/ 14 June 2013

1913 land act: A longer history of dispossession

Large-scale production of biofuels in South Africa could create at least 15 000 jobs.
Large-scale production of biofuels in South Africa could create at least 15 000 jobs.

At the stroke of a pen, it is said, millions of black South Africans lost their land. Yet land alienation was not in fact the major intention and outcome of the Act. By and large, dispossession had already taken place after the colonial wars of the 1800s.

The Land Act came at the end of this process. In certain respects the Land Act aimed to constrain further dispossession. It did not, as is often suggested, set aside 13% of the agricultural land for black South Africans, but rather 7%, with the promise of more to come – a promise that took 23 years to be realised.
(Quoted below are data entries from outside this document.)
-- ===== src/Mpt/Put.antt =====
-- pkg/core/mpt/trie.go: Put.
use epicchain_go.Common.{
  ℕ, Bool, true, false, List, [], ◌∷◌, ◌++◌, length, drop, ◌==◌, ltb, if◌then◌else◌, Option, none,
  some,
}
use epicchain_go.Mpt.Node.{
  Node, leaf, branch, extension, hash, lost, empty, last_child, put_child, no_children, split_path,
}
use epicchain_go.Mpt.Get.{
  strip_prefix, max_key_length, to_nibbles, key_is_empty, key_is_too_big, value_is_too_big,
  value_is_nil, not_in_store, Result, done, failed, panicked,
}

-- A call of addRef or removeRef with the node whose hash and bytes it is given.
pub data Ref : Type 0 where
  added removed : Node → Ref

abbrev pub max_value_length : ℕ
max_value_length = 65539

-- lcp; the code swaps the two so that the first is the longer.
unfoldable pub lcp : List ℕ → List ℕ → List ℕ
lcp [] b = []
lcp (x ∷ a) [] = []
lcp (x ∷ a) (y ∷ b) = let rest = lcp a b in if x == y then x ∷ rest else []

-- What becomes of the old node, with the calls made on the way.
abbrev pub Put : Type 0
Put = List Ref × Result Node

abbrev pub wrap_sub_trie : List ℕ → Node → List Ref × Node
wrap_sub_trie [] n = ([], n)
wrap_sub_trie (x ∷ path) n = (added (extension (x ∷ path) n) ∷ [], extension (x ∷ path) n)

-- newSubTrie
abbrev pub new_sub_trie : List ℕ → Node → Bool → List Ref × Node
new_sub_trie path n new_val =
    let (refs, r) = wrap_sub_trie path n in ((if new_val then added n ∷ [] else []) ++ refs, r)

unfoldable pub put_into_leaf : List ℕ → List ℕ → List ℕ → Put
put_into_leaf w [] v = (removed (leaf w) ∷ added (leaf v) ∷ [], done (leaf v))
put_into_leaf w (x ∷ path) v =
    let (refs, r) = new_sub_trie path (leaf v) true in
    let b = branch (put_child last_child (leaf w) (put_child x r no_children)) in
    (refs ++ (added b ∷ []), done b)

-- The in-place update of a node below which something was put.
abbrev pub replaced : Node → (Node → Node) → Put → Put
replaced old wrap (refs, done r) = (removed old ∷ refs ++ (added (wrap r) ∷ []), done (wrap r))
replaced old wrap (refs, failed e) = (removed old ∷ refs, failed e)
replaced old wrap (refs, panicked) = (removed old ∷ refs, panicked)

-- `if lp > 0`: the branch under what the two paths share.
abbrev pub under_shared : List ℕ → Node → List Ref → Put
under_shared [] b refs = (refs, done b)
under_shared (x ∷ pref) b refs = let e = extension (x ∷ pref) b in (refs ++ (added e ∷ []), done e)

-- The rest of putIntoExtension where the key and the path part; keyTail[0] panics on an empty tail.
abbrev pub fork : List ℕ → List ℕ → List ℕ → Node → List ℕ → Put
fork pref [] path_tail next v = ([], panicked)
fork pref (x ∷ key_tail) path_tail next v =
    let (refs1, s1) = new_sub_trie key_tail next false in
    let (i, rest) = split_path path_tail in
    let (refs2, s2) = new_sub_trie rest (leaf v) true in
    let b = branch (put_child i s2 (put_child x s1 no_children)) in
    under_shared pref b (refs1 ++ (refs2 ++ (added b ∷ [])))

-- putIntoExtension, with putIntoNode for the next node.
abbrev pub put_into_extension :
    List ℕ → Node → (List ℕ → Put) → List ℕ → List ℕ → Option (List ℕ) → Put
put_into_extension key next below path v (some rest) =
    replaced (extension key next) (extension key) (below rest)
put_into_extension key next below path v none =
    let lp = length (lcp key path) in
    let (refs, r) = fork (lcp key path) (drop lp key) (drop lp path) next v in
    (removed (extension key next) ∷ refs, r)

-- putIntoNode; its cases call putIntoLeaf, putIntoBranch, putIntoExtension, putIntoHash and putIntoEmpty.
unfoldable pub put_into_node : Node → List ℕ → List ℕ → Put
put_into_node (leaf w) path v = put_into_leaf w path v
put_into_node (branch cs) path v =
    let (i, rest) = split_path path in
    replaced (branch cs) (λ r. branch (put_child i r cs)) (put_into_node (cs i) rest v)
put_into_node (extension key next) path v =
    put_into_extension key next (λ rest. put_into_node next rest v) path v (strip_prefix key path)
put_into_node (hash h n) path v = put_into_node n path v
put_into_node (lost h) path v = ([], failed not_in_store)
put_into_node empty path v = let (refs, r) = new_sub_trie path (leaf v) true in (refs, done r)

-- Put: a nil value is `none`. The root of a call that fails is the old one; the calls of addRef and
-- removeRef it made stay.
unfoldable pub put : List ℕ → Option (List ℕ) → Node → Put
put key none root =
    if length key == 0
    then ([], failed key_is_empty)
    else if ltb max_key_length (length key)
    then ([], failed key_is_too_big)
    else ([], failed value_is_nil)
put key (some value) root =
    if length key == 0
    then ([], failed key_is_empty)
    else if ltb max_key_length (length key)
    then ([], failed key_is_too_big)
    else if ltb max_value_length (length value)
    then ([], failed value_is_too_big)
    else put_into_node root (to_nibbles key) value

-- t.root after the call.
abbrev pub root_after : Node → Put → Node
root_after root (refs, done r) = r
root_after root (refs, failed e) = root
root_after root (refs, panicked) = root

abbrev pub put_root : List ℕ → List ℕ → Node → Node
put_root key v root = root_after root (put key (some v) root)
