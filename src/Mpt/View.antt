-- ===== src/Mpt/View.antt =====
-- pkg/core/mpt: what a trie stores, as a function of the path, and which nodes make up a trie.
use epicchain_go.Common.{
  ℕ, ◌<◌, false, List, [], ◌∷◌, ◌==◌, if◌then◌else◌, ◌≡◌, ◌≢◌, Option, none, some, All, bytes_beq,
}
use epicchain_go.Mpt.Node.{
  Node, leaf, branch, extension, hash, lost, empty, last_child, is_empty, hash_of,
}

abbrev pub View : Type 0
View = List ℕ → Option (List ℕ)

-- The view below a path.
unfoldable pub under : List ℕ → View → View
under [] f path = f path
under (x ∷ key) f [] = none
under (x ∷ key) f (y ∷ path) = let rest = under key f path in if x == y then rest else none

-- The value at a path: a branch has the value of the path that ends at it in its last child.
unfoldable pub value_at : Node → View
value_at (leaf v) [] = some v
value_at (leaf v) (x ∷ path) = none
value_at (branch cs) [] = value_at (cs last_child) []
value_at (branch cs) (x ∷ path) = value_at (cs x) path
value_at (extension key next) path = under key (value_at next) path
value_at (hash h n) path = value_at n path
value_at (lost h) path = none
value_at empty path = none

-- The view with one path changed.
unfoldable pub update : List ℕ → Option (List ℕ) → View → View
update p v f q = if bytes_beq p q then v else f q

abbrev pub IsNibble : ℕ → Type 0
IsNibble x = x < 16

abbrev pub IsPath : List ℕ → Type 0
IsPath = All IsNibble

-- What a node read from the store is.
abbrev pub IsStored : Node → Type 0
IsStored (leaf v) = Unit
IsStored (branch cs) = Unit
IsStored (extension k n) = Unit
IsStored (hash h n) = ⊥
IsStored (lost h) = ⊥
IsStored empty = ⊥

-- What an extension leads to.
abbrev pub IsHead : Node → Type 0
IsHead (leaf v) = Unit
IsHead (branch cs) = Unit
IsHead (extension k n) = ⊥
IsHead (hash h n) = IsHead n
IsHead (lost h) = ⊥
IsHead empty = ⊥

-- What the last child of a branch is.
abbrev pub IsEnd : Node → Type 0
IsEnd (leaf v) = Unit
IsEnd (branch cs) = ⊥
IsEnd (extension k n) = ⊥
IsEnd (hash h n) = IsEnd n
IsEnd (lost h) = ⊥
IsEnd empty = Unit

-- Two children that are not empty.
pub record HasTwo (cs : ℕ → Node) : Type 0 where
  pub first : ℕ
  pub second : ℕ
  pub apart : first ≢ second
  pub filled1 : is_empty (cs first) ≡ false
  pub filled2 : is_empty (cs second) ≡ false

pub record IsBranch (cs : ℕ → Node) : Type 0 where
  pub two : HasTwo cs
  pub end : IsEnd (cs last_child)
  pub beyond : (i : ℕ) → last_child < i → cs i ≡ empty

-- A trie whose hash nodes are all in the store, under their hashes.
module _ (sha : List ℕ → List ℕ) where
  abbrev pub IsTrie : Node → Type 0
  IsTrie (leaf v) = Unit
  IsTrie (branch cs) = IsBranch cs × ((i : ℕ) → IsTrie (cs i))
  IsTrie (extension k n) = (IsPath k × (k ≢ [])) × (IsHead n × IsTrie n)
  IsTrie (hash h n) = (IsStored n × (h ≡ hash_of sha n)) × IsTrie n
  IsTrie (lost h) = ⊥
  IsTrie empty = Unit
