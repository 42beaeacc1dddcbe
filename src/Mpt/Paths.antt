-- ===== src/Mpt/Paths.antt =====
-- pkg/core/mpt/helpers.go: prefixes of paths, and views below them.
use epicchain_go.Common.{
  ℕ, List, [], ◌∷◌, ◌++◌, length, drop, ◌==◌, ◌≡◌, ◌≢◌, refl, ap, inl, inr, Option, none, some,
  arith, Bool-cases, ==_iff, ==-refl,
}
use epicchain_go.Mpt.Get.{strip_prefix}
use epicchain_go.Mpt.Put.{lcp}
use epicchain_go.Mpt.View.{View, under, update, IsPath}

pub strip_prefix-some :
    (key path rest : List ℕ) → strip_prefix key path ≡ some rest → path ≡ key ++ rest
unfolding strip_prefix
strip_prefix-some [] path rest e = cc
strip_prefix-some (x ∷ key) [] rest e = cc
strip_prefix-some (x ∷ key) (y ∷ path) rest e = ground (arith, strip_prefix-some key path rest)

pub strip_prefix-append : (key rest : List ℕ) → strip_prefix key (key ++ rest) ≡ some rest
unfolding strip_prefix
strip_prefix-append [] rest = refl
strip_prefix-append (x ∷ key) rest = rw (==-refl x, strip_prefix-append key rest) refl

-- The first of the two nibbles at which the key and the path part, if the path has one.
abbrev pub IsOther : ℕ → List ℕ → Type 0
IsOther x [] = Unit
IsOther x (y ∷ path) = x ≢ y

-- How a path parts from a key that is no prefix of it.
pub record Parts (key path : List ℕ) : Type 0 where
  pub shared : List ℕ
  pub turn : ℕ
  pub key_tail : List ℕ
  pub path_tail : List ℕ
  pub key_eq : key ≡ shared ++ (turn ∷ key_tail)
  pub path_eq : path ≡ shared ++ path_tail
  pub other : IsOther turn path_tail
  pub lcp_eq : lcp key path ≡ shared
  pub key_drop : drop (length (lcp key path)) key ≡ turn ∷ key_tail
  pub path_drop : drop (length (lcp key path)) path ≡ path_tail

pub strip_prefix-Parts : (key path : List ℕ) → strip_prefix key path ≡ none → Parts key path
unfolding strip_prefix lcp
strip_prefix-Parts [] path e = cc
strip_prefix-Parts (x ∷ key) [] e = record {
  shared = [];
  turn = x;
  key_tail = key;
  path_tail = [];
  key_eq = refl;
  path_eq = refl;
  other = tt;
  lcp_eq = refl;
  key_drop = refl;
  path_drop = refl;
}
strip_prefix-Parts (x ∷ key) (y ∷ path) e = elim (Bool-cases (x == y)) [
  | inr differ ↦ record {
    shared = [];
    turn = x;
    key_tail = key;
    path_tail = y ∷ path;
    key_eq = refl;
    path_eq = refl;
    other = ground (arith, differ);
    lcp_eq = rw differ refl;
    key_drop = rw differ refl;
    path_drop = rw differ refl;
  }
  | inl same ↦
      let p = strip_prefix-Parts key path (rw same at e) in
      record {
        shared = x ∷ p.shared;
        turn = p.turn;
        key_tail = p.key_tail;
        path_tail = p.path_tail;
        key_eq = ap (λ t. x ∷ t) p.key_eq;
        path_eq = rw (← (==_iff x y).0 same) (ap (λ t. x ∷ t) p.path_eq);
        other = p.other;
        lcp_eq = rw same (ap (λ t. x ∷ t) p.lcp_eq);
        key_drop = rw same p.key_drop;
        path_drop = rw same p.path_drop;
      }
]

pub under-append :
    (a b : List ℕ) (f : View) (q : List ℕ) → under (a ++ b) f q ≡ under a (under b f) q
unfolding under
under-append [] b f q = refl
under-append (x ∷ a) b f [] = refl
under-append (x ∷ a) b f (y ∷ q) = rw (under-append a b f q) refl

-- Views that agree on every path of nibbles.
abbrev pub Same : View → View → Type 0
Same f g = (q : List ℕ) → IsPath q → f q ≡ g q

pub under-Same : (key : List ℕ) (f g : View) → Same f g → Same (under key f) (under key g)
unfolding under
under-Same [] f g s q p = s q p
under-Same (x ∷ key) f g s [] p = refl
under-Same (x ∷ key) f g s (y ∷ q) p = rw (under-Same key f g s q p.1) refl

-- A change below a key.
pub under-update :
    (key p : List ℕ) (v : Option (List ℕ)) (f : View) (q : List ℕ)
    → under key (update p v f) q ≡ update (key ++ p) v (under key f) q
unfolding under update
under-update [] p v f q = refl
under-update (x ∷ key) p v f [] = refl
under-update (x ∷ key) p v f (y ∷ q) = elim (Bool-cases (x == y)) [
  | inl same ↦ rw (same, under-update key p v f q) refl
  | inr differ ↦ rw differ refl
]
The 1936 Native Land and Trust Act set in motion, especially in the then Transvaal, a large-scale state-led process of land acquisition from white owners and transfer to Africans. In the Transvaal, 444870 hectares were added to the paltry 912971 hectares reserved by the 1913 Act. A common comment is that the Act set aside the least productive land for African communities, but in fact substantial areas with significant agricultural potential in the heart of the old kingdoms were included.

It is also important to recall that, both before and after 1913, white-owned land was not occupied only by whites. Black people predominated on the great majority of white-owned farms in South Africa.

Many of those in the rural areas of the Free State, northern Cape and western Transvaal were sharecroppers – largely, though not ­exclusively, African smallholders who farmed on white-owned land and who, instead of paying rent, gave a portion of the crop, usually about half, to the landowner.

However, the 1913 Act was also designed to control the forms of tenancy allowed in white-owned areas. Sharecropping or rent tenancy would be abolished. Africans were forbidden to purchase or rent land outside the areas specifically scheduled for their occupation. Finally, certain areas were allocated for African occupation only, the intention being to formalise the system of reserves already well established in the Cape and Natal.

Relatively independent existence
The Land Act did signal the direction South African agrarian life and policy were taking. An increasing proportion of white landowners wanted fuller control over their land. They also competed for labour with the mines and growing cities, which offered higher wages.

African land ownership, sharecropping and rent tenancy enabled African people to congregate on some land and to defend a relatively independent existence as smallholders with some choice on the labour market. The 1913 Act did not aim to move black people off commercial farms but to keep them there as workers rather than tenants.

It is often argued that the Land Act destroyed a surplus-producing African peasantry and thus ushered in impoverished labour reserves. Yet the evidence suggests that the African elite during the first half of the 20th century, disadvantaged as it was in competition for land and capital, largely sought to secure its future through education and the professions rather than farming.

Innovative and accumulating sharecroppers, freed from the constraints of the communal lands and the political control of chiefs, could have formed a base for competitive African farming but they were undermined over the long term. For Africans in the heart of the old reserves, the Act had little immediate impact. By 1913, their economic self-sufficiency had been undermined in most parts of the country. They were already partly dependent on income from migrant workers.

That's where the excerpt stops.